Her three visitors laughed along.
“Reefer is the unfortunate result of a naming contest aimed at stoking the imaginations of local school kids,” she confided in a near whisper. “But it goes down a lot easier with tourists.”
The visitors introduced themselves by their aliases as they shook off their dripping rain gear, spreading it on a bench that sat against one wall.
Eager as they were to meet Fe‘e, they also wished to ingratiate themselves with his minder.
“With all due respect,” Sadie remarked, “I wouldn’t expect many more visitors. Pretty stormy out there.”
“Oh, you never know,” Moana replied cheerfully. “In any event, Fe'e is excited to have some visitors.
“We can get on each other’s nerves.”
Even Maria smiled.
“We were just working on a lesson.” She brandished the stack of index cards.
Lesson?
Affixed to the curving glass wall by its suckers, Reefer stared at them through his huge, narrowed eyes while employing three tentacles to work a large Rubik’s Cube.
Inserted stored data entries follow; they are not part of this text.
-- ===== src/Strlib/Pattern/Backtrack.antt =====
-- lstrlib.cpp: start_capture, end_capture and the repetitions, over the attempts they make.
use cpplua.Prelude.{
  ℕ, ◌+◌, ◌-◌, ◌≤◌, ◌<◌, ◌≡◌, refl, ap, ◌∙◌, true, List, Option, none, some, leb, ◌==◌, ==_iff,
  Bool-cases, inl, inr, if◌then◌else◌, arith,
}
use cpplua.Prelude.Outcome.{◌>>=◌, ◌>>◌, pure, raise, modify}
use cpplua.Prelude.Post.{
  Ends, Ends-bind, Ends-read, Ends-if, Ends-pure, Ends-raise, Ends_mono, Ends-get, Ends-modify,
}
use cpplua.Strlib.Pattern.{
  CaptureLen, unfinished, position, len, Capture, MatchState, Matcher, max_captures, is_unfinished,
  too_many_captures,
}
use cpplua.Strlib.Pattern.Match.{
  put, undo_open, open_capture, undo_close, start_capture, end_capture,
}
use cpplua.Strlib.Pattern.Captures.{
  width, Fits, Kept, Attempt, Tried, Tries, Kept-trans, capture_at-Reads, set_capture-Ends,
  capture_to_close-Unfinished, Unfinished,
}

module _ (src : List ℕ) where
  Tried-mono :
      {s u : ℕ} (ms t : MatchState) (r : Option ℕ) → s ≤ u → Tried src u ms r t → Tried src s ms r t
  Tried-mono ms t none h k = k
  Tried-mono ms t (some e) h (a, b, f) = (omega arith, b, f)

  pub Tries-mono :
      {s u : ℕ} {ms : MatchState} {m : Matcher (Option ℕ)}
      → s ≤ u
      → Tries src u ms m
      → Tries src s ms m
  Tries-mono {ms} h k = Ends_mono k (λ r t q. Tried-mono ms t r h q)

  Tried-after :
      {s u : ℕ} {ms t : MatchState}
      → s ≤ u
      → Kept ms t
      → (r : Option ℕ) (v : MatchState) → Tried src u t r v
      → Tried src s ms r v
  Tried-after h k none v q = Kept-trans k q
  Tried-after h k (some e) v (a, b, f) = (omega arith, b, f)

  -- the same, after an attempt that kept the captures
  pub Tries-after :
      {s u : ℕ} {ms t : MatchState} {m : Matcher (Option ℕ)}
      → s ≤ u
      → Kept ms t
      → Tries src u t m
      → Ends (Tried src s ms) m t
  Tries-after h k e = Ends_mono e (Tried-after h k)

pub Fits-put :
    (ms : MatchState) (s l : ℕ) (c : Capture)
    → Fits s ms
    → c.init + width c.extent ≤ s
    → Fits s (record ms { capture = put ms.capture l c })
unfolding put
Fits-put ms s l c f h = record { few = f.few; within = λ i k. ground (arith, f.within i k) }

Fits-push :
    (ms : MatchState) (s : ℕ) (c : Capture)
    → Fits s ms
    → ms.level < max_captures
    → c.init + width c.extent ≤ s
    → Fits s (record { level = ms.level + 1; capture = put ms.capture ms.level c })
unfolding put
Fits-push ms s c f h k = record { few = omega arith; within = λ i j. ground (arith, f.within i) }

is_unfinished-eq : (e : CaptureLen) → is_unfinished e ≡ true → e ≡ unfinished
is_unfinished-eq unfinished h = refl
is_unfinished-eq position h = cc
is_unfinished-eq (len n) h = cc

reopened :
    (c d : Capture)
    → d.init ≡ c.init
    → is_unfinished c.extent ≡ true
    → record { init = d.init; extent = unfinished } ≡ c
reopened c d e h = let u = is_unfinished-eq c.extent h in ground (arith, u)

module _ (src : List ℕ) (m : Attempt) (s p : ℕ)
    (tries : (t : MatchState) → Fits s t → Tries src s t (m s p)) where
  abbrev opened : MatchState → CaptureLen → MatchState
  opened ms what = record {
    level = ms.level + 1;
    capture = put ms.capture ms.level (record { init = s; extent = what });
  }

  undo_open-Tries :
      (ms : MatchState) (what : CaptureLen) (r : Option ℕ) (t : MatchState)
      → Tried src s (opened ms what) r t
      → Ends (Tried src s ms) (undo_open r) t
  unfolding undo_open put
  undo_open-Tries ms what none t k =
      Ends-modify (λ _. pure none)
        (Ends-pure (record {
          level = omega (arith, k.level);
          captures = λ i h. k.captures i (omega arith) ∙ ground arith;
        }))
  undo_open-Tries ms what (some e) t k = Ends-pure k

  open_capture-Tries :
      (what : CaptureLen) (ms : MatchState)
      → width what ≡ 0
      → Fits s ms
      → ms.level < max_captures
      → Tries src s ms (open_capture m s p what ms.level)
  unfolding open_capture
  open_capture-Tries what ms w f room =
      set_capture-Ends ms.level (record { init = s; extent = what })
        (λ _. modify (λ t. record t { level = ms.level + 1 }) >> (m s p >>= undo_open)) room
        (Ends-modify (λ _. m s p >>= undo_open)
          (Ends-bind (tries (opened ms what) (Fits-push ms s _ f room (omega arith)))
            (undo_open-Tries ms what)))

  pub start_capture-Tries :
      (what : CaptureLen) (ms : MatchState)
      → width what ≡ 0
      → Fits s ms
      → Tries src s ms (start_capture m s p what)
  unfolding start_capture
  start_capture-Tries what ms w f =
      Ends-get
        (λ t.
          if leb max_captures t.level
          then raise too_many_captures
          else open_capture m s p what t.level)
        (Ends-if (leb max_captures ms.level) (λ _. Ends-raise)
          (λ room. open_capture-Tries what ms w f (ground arith)))

  -- `ms` with its capture `l` closed at `s`
  abbrev closed : MatchState → ℕ → MatchState
  closed ms l = record ms {
    capture =
        put ms.capture l
          (record { init = (ms.capture l).init; extent = len (s - (ms.capture l).init) });
  }

  undo_close-Kept :
      (ms t : MatchState) (l : ℕ) (d : Capture)
      → Unfinished ms l
      → Kept (closed ms l) t
      → d ≡ t.capture l
      → Kept ms
          (record t { capture = put t.capture l (record { init = d.init; extent = unfinished }) })
  unfolding put
  undo_close-Kept ms t l d u k same =
      let closed_l = same ∙ k.captures l u.0 in
      record {
        level = k.level;
        captures = λ i h. elim (Bool-cases (i == l)) [
          | inl e ↦
              rw (e, (==_iff i l).0 e)
                (reopened (ms.capture l) d (ground (arith, ap (λ (c : Capture). c.init) closed_l))
                  u.1)
          | inr e ↦ rw e (k.captures i h ∙ rw e)
        ];
      }

  undo_close-Tries :
      (ms : MatchState) (l : ℕ) (r : Option ℕ) (t : MatchState)
      → Fits s ms
      → Unfinished ms l
      → Tried src s (closed ms l) r t
      → Ends (Tried src s ms) (undo_close l r) t
  unfolding undo_close
  undo_close-Tries ms l none t f u k =
      Ends-read (capture_at-Reads l (omega (arith, f.few))) (λ d same.
        set_capture-Ends l (record { init = d.init; extent = unfinished }) (λ _. pure none)
          (omega (arith, f.few)) (Ends-pure (undo_close-Kept ms t l d u k same)))
  undo_close-Tries ms l (some e) t f u k = Ends-pure k

  pub end_capture-Tries : (ms : MatchState) → Fits s ms → Tries src s ms (end_capture m s p)
  unfolding end_capture
  end_capture-Tries ms f = Ends-read (capture_to_close-Unfinished ms f.few) (λ l u.
      Ends-read (capture_at-Reads l (omega (arith, f.few))) (λ c same.
        set_capture-Ends l (record { init = c.init; extent = len (s - c.init) })
          (λ _. m s p >>= undo_close l) (omega (arith, f.few))
          (rw same (
            Ends-bind (tries (closed ms l) (Fits-put ms s l _ f (omega (arith, f.within l u.0))))
              (λ r t. undo_close-Tries ms l r t f u)))))
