-- ===== src/Strlib/Pattern/Items.antt =====
-- lstrlib.cpp: matchbalance, the items with a repetition, and match_capture.
use cpplua.Prelude.{
  ℕ, zero, suc, ◌+◌, ◌-◌, ◌≤◌, ◌<◌, ◌≡◌, refl, Bool, true, false, List, length, Option, none, some,
  ltb, leb, ◌==◌, if◌then◌else◌, arith, le→leb,
}
use cpplua.Prelude.Outcome.{◌>>=◌, pure}
use cpplua.Prelude.Post.{
  ends, returns, Ends, Reads, Ends-bind, Ends-read, Ends-if, Ends-pure, Ends-raise, Ends_mono,
}
use cpplua.Strlib.Pattern.{CaptureLen, unfinished, position, len, MatchState, Matcher}
use cpplua.Strlib.Pattern.Match.{
  match_capture, same_bytes, balance_step, balance, matchbalance, accepts, count_max, give_back,
  max_expand, min_expand,
}
use cpplua.Strlib.Pattern.Captures.{
  width, Fits, Kept, Attempt, Tried, Tries, Fits-mono, Kept-Fits, capture_at-Reads,
  check_capture-Finished,
}
use cpplua.Strlib.Pattern.Reads.{char_at-Ends, singlematch-Answers}
use cpplua.Strlib.Pattern.Backtrack.{Tries-mono, Tries-after}

module _ (src pat : List ℕ) (ms : MatchState) where
  -- nothing, or a position from `s` to the end of the subject
  abbrev pub Lands : ℕ → Option ℕ → Type 0
  Lands s none = Unit
  Lands s (some e) = (s ≤ e) × (e ≤ length src)

  abbrev pub Jumps : ℕ → Matcher (Option ℕ) → Type 0
  Jumps s m = Ends (Reads (Lands s) ms) m ms

  balance_step-Jumps :
      (next : ℕ → ℕ → Matcher (Option ℕ)) (b e cont s u : ℕ)
      → u < s
      → s < length src
      → ((k : ℕ) → Jumps u (next k s))
      → Jumps u (balance_step src pat next b e cont s)
  unfolding balance_step
  balance_step-Jumps next b e cont s u lo h ih = char_at-Ends src s (omega arith) (λ x _.
      Ends-if (x == e)
        (λ _.
          Ends-if (cont == 1) (λ _. Ends-pure ((omega arith, omega arith), refl))
            (λ _. ih (cont - 1)))
        (λ _. Ends-if (x == b) (λ _. ih (cont + 1)) (λ _. ih cont)))

  balance-Jumps :
      (fuel b e cont s u : ℕ)
      → u ≤ s
      → 0 < fuel
      → length src < s + fuel + 1
      → Jumps u (balance src pat fuel b e cont s)
  unfolding balance
  balance-Jumps zero b e cont s u lo pos room = absurd (omega arith)
  balance-Jumps (suc fuel) b e cont s u lo pos room =
      Ends-if (ltb (s + 1) (length src))
        (λ h.
          balance_step-Jumps (balance src pat fuel b e) b e cont (s + 1) u (omega arith)
            (ground arith)
            (λ k. balance-Jumps fuel b e k (s + 1) u (omega arith) (ground arith) (omega arith)))
        (λ _. Ends-pure (tt, refl))

  -- Where it matches, both brackets stand in the pattern.
  pub matchbalance-Jumps :
      (s p : ℕ)
      → s ≤ length src
      → p ≤ length pat
      → Ends (Reads (λ r. Lands s r × (p + 2 ≤ length pat)) ms) (matchbalance src pat s p) ms
  unfolding matchbalance
  matchbalance-Jumps s p h k = char_at-Ends pat p k (λ b inside.
      Ends-if (b == 0) (λ _. Ends-raise)
        (λ here. char_at-Ends pat (p + 1) (ground (arith, inside)) (λ e inside'.
          Ends-if (e == 0) (λ _. Ends-raise)
            (λ there. char_at-Ends src s h (λ x _.
              let both : p + 2 ≤ length pat = ground (arith, inside') in
              Ends-if (x == b)
                (λ _.
                  Ends_mono
                    (balance-Jumps (length src + 1) b e 1 s s (omega arith) (omega arith)
                      (omega arith))
                    (λ r t (l, e). ((l, both), e)))
                (λ _. Ends-pure ((tt, both), refl)))))))

  module _ (p ep : ℕ) (inside : p < length pat) (until : ep ≤ length pat) where
    -- An item accepts a character of the subject, so not its end.
    abbrev pub Below : ℕ → Bool → Type 0
    Below s b = b ≡ true → s < length src

    pub accepts-Below : (s : ℕ) → Ends (Reads (Below s) ms) (accepts src pat s p ep) ms
    unfolding accepts
    accepts-Below s =
        Ends-if (ltb s (length src))
          (λ h. char_at-Ends src s (ground arith) (λ c _.
            Ends_mono (singlematch-Answers pat ms c p ep inside until)
              (λ b t (_, e). (λ _. ground arith, e))))
          (λ _. Ends-pure (λ bad. absurd (ground arith), refl))

    count_max-Reads :
        (fuel s i : ℕ)
        → s + i ≤ length src
        → length src < s + i + fuel
        → Ends (Reads (λ n. s + n ≤ length src) ms) (count_max src pat fuel s p ep i) ms
    unfolding count_max
    count_max-Reads zero s i h room = absurd (omega arith)
    count_max-Reads (suc fuel) s i h room = Ends-read (accepts-Below (s + i)) (λ more below.
        Ends-if more (λ e. count_max-Reads fuel s (i + 1) (omega (arith, below e)) (omega arith))
          (λ _. Ends-pure (h, refl)))

-- An attempt on the pattern from `q` on, at every position from `lo` and with any captures that fit.
abbrev pub Attempts : List ℕ → Attempt → ℕ → ℕ → Type 0
Attempts src m lo q =
    (s : ℕ) (t : MatchState) → lo ≤ s → s ≤ length src → Fits s t → Tries src s t (m s q)

-- After an attempt `k` runs, if it failed.
pub retry-Tries :
    (src : List ℕ) (s : ℕ) (t : MatchState) (k : Matcher (Option ℕ)) (r : Option ℕ) (u : MatchState)
    → (Kept t u → Ends (Tried src s t) k u)
    → Tried src s t r u
    → Ends (Tried src s t) (elim r [ some e ↦ pure (some e) | none ↦ k ]) u
retry-Tries src s t k none u run q = run q
retry-Tries src s t k (some e) u run q = Ends-pure q

module _ (src pat : List ℕ) (m : Attempt) (p ep : ℕ) (inside : p < length pat)
    (until : ep ≤ length pat) (lo : ℕ) (tries : Attempts src m lo (ep + 1)) where
  give_back-Tries :
      (i s : ℕ) (t : MatchState)
      → lo ≤ s
      → s + i ≤ length src
      → Fits s t
      → Tries src s t (give_back src pat m i s ep)
  unfolding give_back
  give_back-Tries zero s t l h f = tries s t l (omega arith) f
  give_back-Tries (suc i) s t l h f =
      Ends-bind
        (Tries-mono src (omega arith)
          (tries (s + suc i) t (omega arith) h (Fits-mono f (omega arith))))
        (λ r u. retry-Tries src s t (give_back src pat m i s ep) r u (λ k.
          Tries-after src (omega arith) k (give_back-Tries i s u l (omega arith) (Kept-Fits k f))))

  pub max_expand-Tries :
      (s : ℕ) (t : MatchState)
      → lo ≤ s
      → s ≤ length src
      → Fits s t
      → Tries src s t (max_expand src pat m s p ep)
  unfolding max_expand
  max_expand-Tries s t l h f =
      Ends-read
        (count_max-Reads src pat t p ep inside until (length src + 1) s 0 (omega arith)
          (omega arith))
        (λ n k. give_back-Tries n s t l k f)

  pub min_expand-Tries :
      (fuel s : ℕ) (t : MatchState)
      → lo ≤ s
      → s ≤ length src
      → length src < s + fuel
      → Fits s t
      → Tries src s t (min_expand src pat m fuel s p ep)
  unfolding min_expand
  min_expand-Tries zero s t l h room f = absurd (omega arith)
  min_expand-Tries (suc fuel) s t l h room f = Ends-bind (tries s t l h f) (λ r u.
      retry-Tries src s t _ r u (λ k.
        Ends-read (accepts-Below src pat u p ep inside until s) (λ more below.
          Ends-if more
            (λ e. Tries-after src (omega arith) k (
              min_expand-Tries fuel (s + 1) u (omega arith) (omega (arith, below e)) (omega arith)
                (Fits-mono (Kept-Fits k f) (omega arith))))
            (λ _. Ends-pure k))))

module _ (src pat : List ℕ) (ms : MatchState) where
  same_bytes-Ends :
      (a b n : ℕ)
      → a + n ≤ length src
      → b + n ≤ length src
      → Ends (Reads (λ _. Unit {0}) ms) (same_bytes src pat a b n) ms
  unfolding same_bytes
  same_bytes-Ends a b n h k = ends (rw (le→leb _ _ h, le→leb _ _ k) (returns (tt, refl)))

  pub match_capture-Jumps :
      (s d : ℕ) → s ≤ length src → Fits s ms → Jumps src pat ms s (match_capture src pat s d)
  unfolding match_capture
  match_capture-Jumps s d h f = Ends-read (check_capture-Finished ms f.few d) (λ l below.
      Ends-read (capture_at-Reads l (omega (arith, f.few)))
        (λ c same. by_extent c.extent c.init (rw same (f.within l below))))
    where
      by_extent :
          (x : CaptureLen) (init : ℕ)
          → init + width x ≤ s
          → Jumps src pat ms s (elim x [
            | unfinished ↦ pure none
            | position ↦ pure none
            | len n ↦
                if leb n (length src - s)
                then (same_bytes src pat init s n >>= λ same.
                    pure (if same then some (s + n) else none))
                else pure none
          ])
      by_extent unfinished init w = Ends-pure (tt, refl)
      by_extent position init w = Ends-pure (tt, refl)
      by_extent (len n) init w =
          Ends-if (leb n (length src - s))
            (λ room.
              Ends-read (same_bytes-Ends init s n (omega arith) (ground arith))
                (λ same _. Ends-pure (landing same (ground arith), refl)))
            (λ _. Ends-pure (tt, refl))
        where
          landing :
              (same : Bool)
              → s + n ≤ length src
              → Lands src pat ms s (if same then some (s + n) else none)
          landing true k = (omega arith, k)
          landing false k = tt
Hallucinating. I’m hallucinating …
Liam tried to avert his eyes as the margins of a small octopus tattoo on Moana’s fleshy cheek slowly expanded across her moon face, which lit up when she eyed the hemp octopus dangling from a string about Maria’s neck.
“May I touch it?” she inquired meekly.
“Of course, tia,” Maria replied with a smile.
"Mamā," Moana uttered in apparent awe as she fingered the hemp figure with apparent reverence.
Mama …?
“Pardon a lo‘omatua,” Moana said somberly. “Mamā in Samoan means something like ‘perfect’ in English.
“Like an American mama,” she explained with a smile, “might tell her precious daughter.”
Maria's eyes moistened.
“You made this yourself?”
Maria nodded shyly.
“It is exquisite, teine.”
Tay-neh?
Liam tried not to gape as Moana’s tattoo continued its steady conquest of her physiognomy.
On the plane, Maria had shared with the group a video shot by a local news crew that she’d come across about Moana, an octogenarian volunteer who had almost single handedly rescued the aquarium from its planned closure.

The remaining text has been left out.